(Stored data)
[Start of Attachment]
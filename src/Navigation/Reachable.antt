-- ===== src/Navigation/Reachable.antt =====
-- The settings search beside the navigation.
use purels.Base.{
  &&_true, All, Bool, Bool-cases, List, Option, [], any, ap, every, filter, inl, inr, map, none,
  not, refl, some, sym, true, ◌&&◌, ◌∙◌, ◌∷◌, ◌≡◌, ◌⊎◌,
}
use purels.Js.Text.{Text, includes, same, text}
use purels.Js.Text.Equality.{same_iff}
use purels.Navigation.{AdminNavItem, has_any_scope, has_scope, is_permitted, redirect, users_href}
use purels.Navigation.Entries.{admin_nav_sections, get_visible_navigation}
use purels.Navigation.Search.{
  SettingsSearchEntry, get_visible_settings_search_entries, settings_search_entries,
}
use purels.Navigation.Visible.{get_visible_navigation-shown, nav_items}

-- Some entry of the navigation carries the label.
abbrev pub Shows : Text → List AdminNavItem → Type 0
Shows label [] = ⊥
Shows label (i ∷ items) = (i.label_key ≡ label) ⊎ Shows label items

-- An entry that one scope opens, and that carries the label.
abbrev opens : Text → Text → AdminNavItem → Bool
opens scope label i = same i.label_key label && is_permitted (scope ∷ []) i

includes-any :
    (scopes : List Text) (s : Text) (any_of : List Text)
    → includes scopes s ≡ true
    → any (includes (s ∷ [])) any_of ≡ true
    → any (includes scopes) any_of ≡ true
unfolding includes
includes-any scopes s [] h k = cc
includes-any scopes s (x ∷ xs) h k = elim (Bool-cases (same s x)) [
  | inl e ↦ let found = ap (includes scopes) (sym ((same_iff s x).0 e)) ∙ h in rw found
  | inr e ↦
      let rest = includes-any scopes s xs h (rw e at k) in
      elim (Bool-cases (includes scopes x)) [ inl f ↦ rw f | inr f ↦ rw f rest ]
]

is_permitted_mono :
    (scopes : List Text) (s : Text) (i : AdminNavItem)
    → includes scopes s ≡ true
    → is_permitted (s ∷ []) i ≡ true
    → is_permitted scopes i ≡ true
unfolding is_permitted
is_permitted_mono scopes s i h k = both i.scope i.any_scopes k
  where
    one : (o : Option Text) → has_scope (s ∷ []) o ≡ true → has_scope scopes o ≡ true
    one none p = refl
    one (some []) p = refl
    one (some (c ∷ t)) p = elim (Bool-cases (same s (c ∷ t))) [
      | inl e ↦ ap (includes scopes) (sym ((same_iff s (c ∷ t)).0 e)) ∙ h
      | inr e ↦ cc (rw e at p)
    ]

    many :
        (o : Option (List Text)) → has_any_scope (s ∷ []) o ≡ true → has_any_scope scopes o ≡ true
    many none p = refl
    many (some xs) p = includes-any scopes s xs h p

    both :
        (o : Option Text) (a : Option (List Text))
        → has_scope (s ∷ []) o && has_any_scope (s ∷ []) a ≡ true
        → has_scope scopes o && has_any_scope scopes a ≡ true
    both o a p =
        let (x, y) = (&&_true (has_scope (s ∷ []) o) (has_any_scope (s ∷ []) a)).0 p in
        (&&_true (has_scope scopes o) (has_any_scope scopes a)).1 (one o x, many a y)

label-redirect :
    (scopes : List Text) (i : AdminNavItem) → (redirect scopes i).label_key ≡ i.label_key
unfolding redirect
label-redirect scopes i =
    elim (Bool-cases (same i.href users_href && not (includes scopes (text "users:manage")))) [
      | inl e ↦ rw e
      | inr e ↦ rw e
    ]

Shows-shown :
    (scopes : List Text) (s label : Text) (items : List AdminNavItem)
    → includes scopes s ≡ true
    → any (opens s label) items ≡ true
    → Shows label (map (redirect scopes) (filter (is_permitted scopes) items))
Shows-shown scopes s label [] h k = cc
Shows-shown scopes s label (i ∷ items) h k = elim (Bool-cases (opens s label i)) [
  | inl e ↦
      let (l, p) = (&&_true (same i.label_key label) (is_permitted (s ∷ []) i)).0 e in
      rw (is_permitted_mono scopes s i h p)
        (inl (label-redirect scopes i ∙ (same_iff i.label_key label).0 l))
  | inr e ↦
      let rest = Shows-shown scopes s label items h (rw e at k) in
      elim (Bool-cases (is_permitted scopes i)) [ inl f ↦ rw f (inr rest) | inr f ↦ rw f rest ]
]

abbrev is_opened : SettingsSearchEntry → Bool
is_opened e = any (opens e.scope e.category_key) (nav_items admin_nav_sections)

entries_opened : every is_opened settings_search_entries ≡ true
unfolding settings_search_entries is_permitted
entries_opened = refl

Shows-entries :
    (scopes : List Text) (es : List SettingsSearchEntry)
    → every is_opened es ≡ true
    → All
        (λ e. Shows e.category_key (nav_items (get_visible_navigation scopes)))
        (filter (λ e. includes scopes e.scope) es)
Shows-entries scopes [] h = tt
Shows-entries scopes (e ∷ es) h =
    let (k, ks) = (&&_true (is_opened e) (every is_opened es)).0 h in
    let rest = Shows-entries scopes es ks in
    elim (Bool-cases (includes scopes e.scope)) [
      | inl f ↦ rw f (
        rw ((get_visible_navigation-shown scopes).0)
            (Shows-shown scopes e.scope e.category_key (nav_items admin_nav_sections) f k),
        rest,
      )
      | inr f ↦ rw f rest
    ]

-- For every set of scopes, each entry that the settings search shows belongs to a category whose
-- label some entry of the visible navigation carries.
pub search-Shows :
    (scopes : List Text)
    → All
        (λ e. Shows e.category_key (nav_items (get_visible_navigation scopes)))
        (get_visible_settings_search_entries scopes)
unfolding get_visible_settings_search_entries
search-Shows scopes = Shows-entries scopes settings_search_entries entries_opened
[End of Attachment]
Problem statement: As the answer, set down only the lines from the data above between the one holding "Shows label (i" and the one holding "let rest = includes-any", inclusive, exactly as they read.

Expected answer:
Shows label (i ∷ items) = (i.label_key ≡ label) ⊎ Shows label items

-- An entry that one scope opens, and that carries the label.
abbrev opens : Text → Text → AdminNavItem → Bool
opens scope label i = same i.label_key label && is_permitted (scope ∷ []) i

includes-any :
    (scopes : List Text) (s : Text) (any_of : List Text)
    → includes scopes s ≡ true
    → any (includes (s ∷ [])) any_of ≡ true
    → any (includes scopes) any_of ≡ true
unfolding includes
includes-any scopes s [] h k = cc
includes-any scopes s (x ∷ xs) h k = elim (Bool-cases (same s x)) [
  | inl e ↦ let found = ap (includes scopes) (sym ((same_iff s x).0 e)) ∙ h in rw found
  | inr e ↦
      let rest = includes-any scopes s xs h (rw e at k) in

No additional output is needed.